▸ **Data records**:
────────

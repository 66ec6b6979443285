-- ===== src/Glue/Commit.antt =====
-- handle_ext_commit of include/mono/ext.h: what clients of ext-workspace ask of the tags.
use monowm.Base.{
  ℕ, Bool, false, Option, none, some, List, [], ◌∷◌, ◌==◌, if◌then◌else◌, find_by, shares,
}
use monowm.Ext.State.{Request, create_workspace, activate, deactivate, assign, remove}
use monowm.Wm.State.{Server, Monitor, tagset, find_mon}
use monowm.Wm.Tags.{view, toggleview}
use monowm.Glue.Desk.{ExtWorkspace, tag_bit}

unfoldable pub find_handle : List ExtWorkspace → Option ℕ → Option ExtWorkspace
find_handle ws none = none
find_handle ws (some h) = find_by (λ w. w.handle == h) ws

abbrev pub select : ℕ → Server → Server
select m s = record s { selmon = some m }

unfoldable pub activate_at : Option ExtWorkspace → Server → Server
unfolding view
activate_at none s = s
activate_at (some w) s = view (select w.m s) (tag_bit w.tag)

-- Whether the output of a workspace shows its tag.
abbrev pub is_shown : Option Monitor → ℕ → Bool
is_shown none tag = false
is_shown (some m) tag = shares (tagset m) (tag_bit tag)

unfoldable pub deactivate_at : Option ExtWorkspace → Server → Server
unfolding toggleview
deactivate_at none s = s
deactivate_at (some w) s =
    if is_shown (find_mon s w.m) w.tag then toggleview (select w.m s) (tag_bit w.tag) else s

unfoldable pub handle_request : List ExtWorkspace → Request → Server → Server
unfolding find_handle activate_at deactivate_at
handle_request ws (activate h) s = activate_at (find_handle ws h) s
handle_request ws (deactivate h) s = deactivate_at (find_handle ws h) s
handle_request ws (create_workspace g t) s = s
handle_request ws (assign g h) s = s
handle_request ws (remove h) s = s

unfoldable pub handle_ext_commit : List ExtWorkspace → List Request → Server → Server
unfolding handle_request
handle_ext_commit ws [] s = s
handle_ext_commit ws (r ∷ rs) s = handle_ext_commit ws rs (handle_request ws r s)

────────

▸ **Instructions to follow**: Every record must appear in the answer exactly as written.

▸ **Answer to the exercise**:
repository 66ec6b6979443285
-- ===== src/Glue/Commit.antt =====
-- handle_ext_commit of include/mono/ext.h: what clients of ext-workspace ask of the tags.
use monowm.Base.{
  ℕ, Bool, false, Option, none, some, List, [], ◌∷◌, ◌==◌, if◌then◌else◌, find_by, shares,
}
use monowm.Ext.State.{Request, create_workspace, activate, deactivate, assign, remove}
use monowm.Wm.State.{Server, Monitor, tagset, find_mon}
use monowm.Wm.Tags.{view, toggleview}
use monowm.Glue.Desk.{ExtWorkspace, tag_bit}

unfoldable pub find_handle : List ExtWorkspace → Option ℕ → Option ExtWorkspace
find_handle ws none = none
find_handle ws (some h) = find_by (λ w. w.handle == h) ws

abbrev pub select : ℕ → Server → Server
select m s = record s { selmon = some m }

unfoldable pub activate_at : Option ExtWorkspace → Server → Server
unfolding view
activate_at none s = s
activate_at (some w) s = view (select w.m s) (tag_bit w.tag)

-- Whether the output of a workspace shows its tag.
abbrev pub is_shown : Option Monitor → ℕ → Bool
is_shown none tag = false
is_shown (some m) tag = shares (tagset m) (tag_bit tag)

unfoldable pub deactivate_at : Option ExtWorkspace → Server → Server
unfolding toggleview
deactivate_at none s = s
deactivate_at (some w) s =
    if is_shown (find_mon s w.m) w.tag then toggleview (select w.m s) (tag_bit w.tag) else s

unfoldable pub handle_request : List ExtWorkspace → Request → Server → Server
unfolding find_handle activate_at deactivate_at
handle_request ws (activate h) s = activate_at (find_handle ws h) s
handle_request ws (deactivate h) s = deactivate_at (find_handle ws h) s
handle_request ws (create_workspace g t) s = s
handle_request ws (assign g h) s = s
handle_request ws (remove h) s = s

unfoldable pub handle_ext_commit : List ExtWorkspace → List Request → Server → Server
unfolding handle_request
handle_ext_commit ws [] s = s
handle_ext_commit ws (r ∷ rs) s = handle_ext_commit ws rs (handle_request ws r s)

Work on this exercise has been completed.